The Home Theater wird ergänzt von sechs Stillleben mit Objekten, die tatsächlich in inszenierten Immobilien, die zum Verkauf stehen, gefunden wurden. Auf den ersten Blick wirken die Stillleben ein wenig nüchtern, besonders wenn sie einzeln betrachtet werden. Die Stillleben nehmen in ihrer Darstellung stilistische Eigenheiten der neuen Sachlichkeit auf. Objekte, die zur Aufwertung einer Immobilie benutzt werden, sind oft sehr allgemein gehalten, um die größtmögliche Anzahl potenzieller Käufer und Käuferinnen anzusprechen. Die Aquarelle ähneln traditionellen Stillleben, nehmen jedoch eine tiefere Bedeutung an, wenn man ihren Hintergrund in Betracht zieht. Schaut man sie alle zusammen an, fällt ihre Gleichförmigkeit merkwürdig auf. Wenn die Darstellungen in den Aquarellen mit den Objekten auf der Kommode in Zusammenhang gebracht werden, erhalten die Motive in den Aquarellen eine performative Qualität. Drei Wanduhren mit Zeigern, die in zwei Augen und einen Mund enden, sind das Publikum für die Performance. Die Uhren wechseln Emotionen, während sie ticken, und verstärken die surrealistische Stimmung im Raum.

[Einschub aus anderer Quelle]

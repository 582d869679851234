-- ===== src/Loop/Fire.antt =====
-- fire_handle, fire_timer, fire_pendings and the stop test of src/loop.c and src/timer.c.
use jega.Base.{
  if◌then◌else◌, ==_iff, length, ok, ◌>>=◌, u32, ℕ, ◌+◌, ◌^◌, ◌<◌, ◌≡◌, refl, ap, ◌∙◌, subst, Bool,
  true, false, ◌||◌, List, [], ◌∷◌, ◌++◌, arith,
}
use jega.Ring
use jega.Timer.{timer, Object, is_handle, time_after}
use jega.Loop.{
  stop, running, Signal, no_signal, sigint, sigterm, Loop, World, due_time, update, sigint_cb,
  check_stop_signal, call_object, marked, armed, rearm, fire_timer,
}
use jega.Heapq.Timers.{Contains}
use jega.Loop.Schedule.{schedule_timer-waits}

-- Signals that arrive one after the other.
abbrev pub deliver : List Signal → Loop → Loop
deliver [] l = l
deliver (s ∷ ss) l = deliver ss (sigint_cb s l)

sigint_cb-kept : (s : Signal) (l : Loop) → l.catch_signal ≡ sigterm → sigint_cb s l ≡ l
unfolding sigint_cb
sigint_cb-kept s l e = rw e refl

deliver-kept : (ss : List Signal) (l : Loop) → l.catch_signal ≡ sigterm → deliver ss l ≡ l
deliver-kept [] l e = refl
deliver-kept (s ∷ ss) l e = rw (sigint_cb-kept s l e) (deliver-kept ss l e)

-- Once SIGTERM has been caught in a running loop, no later signal stops it: the stop test answers no
-- after any of them, and leaves the loop as it was.
pub sigterm_masks :
    (ss : List Signal) (l : Loop)
    → l.catch_signal ≡ sigterm
    → l.state ≡ running
    → check_stop_signal (deliver ss l) ≡ (false, l)
unfolding check_stop_signal
sigterm_masks ss l e r = rw (deliver-kept ss l e, r, e) refl

-- SIGINT, when no signal was caught before, stops the loop at the next test, and is used up there.
pub sigint_stops :
    (l : Loop)
    → l.catch_signal ≡ no_signal
    → l.state ≡ running
    → check_stop_signal (sigint_cb sigint l)
      ≡ (true, record l { state = stop; catch_signal = no_signal })
unfolding check_stop_signal sigint_cb
sigint_stops l e r = rw (e, r) refl

update-here : (objs : ℕ → Object) (i : ℕ) (o : Object) → update objs i o i ≡ o
update-here objs i o = rw ((==_iff i i).1 refl) refl

third_branch {ℓ} :
    {A : Type ℓ} (x y z : A) (a b c : Bool)
    → a ≡ false
    → b ≡ false
    → c ≡ true
    → (if a || b then x else if c then y else z) ≡ y
third_branch x y z a b c ea eb ec = ground arith

module _ (py_mem c_mem : ℕ → Bool) (w : World) (i : ℕ) (l : Loop) where
  abbrev pub after : Loop
  after = call_object w i (marked i l)

  -- A repeated timer is armed again after its call: it waits in the heap beside the timers
  -- that the call left there and is counted, a cancellation that the call made is lost, and the next
  -- time is an interval after the clock of the end of the call. It needs that the call leaves the loop's
  -- queue and heap well-formed and the object a repeated timer, allocators that grant every request,
  -- fewer than 2 ^ 30 calls of each kind, and that the next time is below 2 ^ 63.
  pub fire_timer-rearms :
      (ts : List ℕ)
      → ((n : ℕ) → py_mem n ≡ true)
      → ((n : ℕ) → c_mem n ≡ true)
      → (l.objs i).cancelled ≡ false
      → (l.objs i).called ≡ false
      → (after.objs i).repeats ≡ true
      → (after.objs i).kind ≡ timer
      → (ps : List ℕ) → Ring.Contents.Holds after.pendings ps
      → Contains (due_time (armed i after)) after.scheduled ts
      → 0 < after.scheduled.max
      → length ps < 2 ^ 30
      → length ts < 2 ^ 30
      → after.clock + (after.objs i).interval < 2 ^ 63
      → (m : Loop) × (fire_timer py_mem c_mem w i l ≡ ok m)
        × (m.activecnt ≡ u32 (after.activecnt + 1))
        × ((m.objs i).cancelled ≡ false)
        × ((m.objs i).called ≡ false)
        × ((m.objs i).seconds ≡ after.clock + (after.objs i).interval)
        × Contains (due_time (armed i after)) m.scheduled (i ∷ ts)
  unfolding fire_timer rearm
  fire_timer-rearms ts py_grants c_grants live fresh again is_t ps p c pos fewer_ps fewer_ts
        in_time =
      let (m, e, count, objs, place) =
        schedule_timer-waits py_mem c_mem (armed i after) i ps ts py_grants c_grants p c pos
          fewer_ps fewer_ts in
      let here =
        ap (λ f. f i) objs
        ∙ update-here after.objs i (record (after.objs i) {
          called = false;
          cancelled = false;
          seconds = time_after after.clock (after.objs i).interval;
        }) in
      let waits =
        subst
          (λ (b : Bool).
            if b
            then Ring.Contents.Holds m.pendings (ps ++ i ∷ []) × (m.scheduled ≡ after.scheduled)
            else Contains (due_time (armed i after)) m.scheduled (i ∷ ts)
              × (m.pendings ≡ after.pendings))
          {y = false} (ap (λ o. is_handle o.kind) (update-here after.objs i _) ∙ ap is_handle is_t)
          place in
      (
        m,
        third_branch _ _ _ (l.objs i).cancelled (l.objs i).called (after.objs i).repeats live fresh
              again
            ∙ ap (λ call. call >>= λ (done, l'). ok l') e,
        count,
        ap (λ o. o.cancelled) here,
        ap (λ o. o.called) here,
        ap (λ o. o.seconds) here ∙ ground (arith, in_time),
        waits.0,
      )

Im zweiten Ausstellungsraum hängen zwei Ölmalereien im Querformat. Erkennbar ist ein Wäschekorb neben einem grünen Plastikschuh und ein Büchergestell. Diese Bilder sind als humorvolle Hintergründe für Videogespräche gedacht. Sie sind lediglich an der Wand mit Haken befestigt und können somit leicht ausgetauscht werden. Diese analogen Hintergründe verwandeln das Homeoffice buchstäblich in eine Bühne und die Work-from-home-Arbeiter in Darsteller. Eine Videoarbeit vervollständigt die Ausstellung von Jamie Isenstein. Auf zwei Monitoren sind Studierende der Universität von Tennessee, Chattanooga zu sehen, die sich gegenseitig mit Gähnen anstecken. Diese verblüffende Arbeit strahlt in den Raum aus und ist von der Strasse aus sichtbar, wodurch sowohl Besucher und Besucherinnen als auch Passanten draussen gähnen, so entsteht eine Verbindung zwischen der realen Welt und der virtuellen Welt. Diese Verbindungen zeigen die tiefe Menschlichkeit in Jamie Isensteins Kunst und ihre wunderbare Beobachtungsgabe.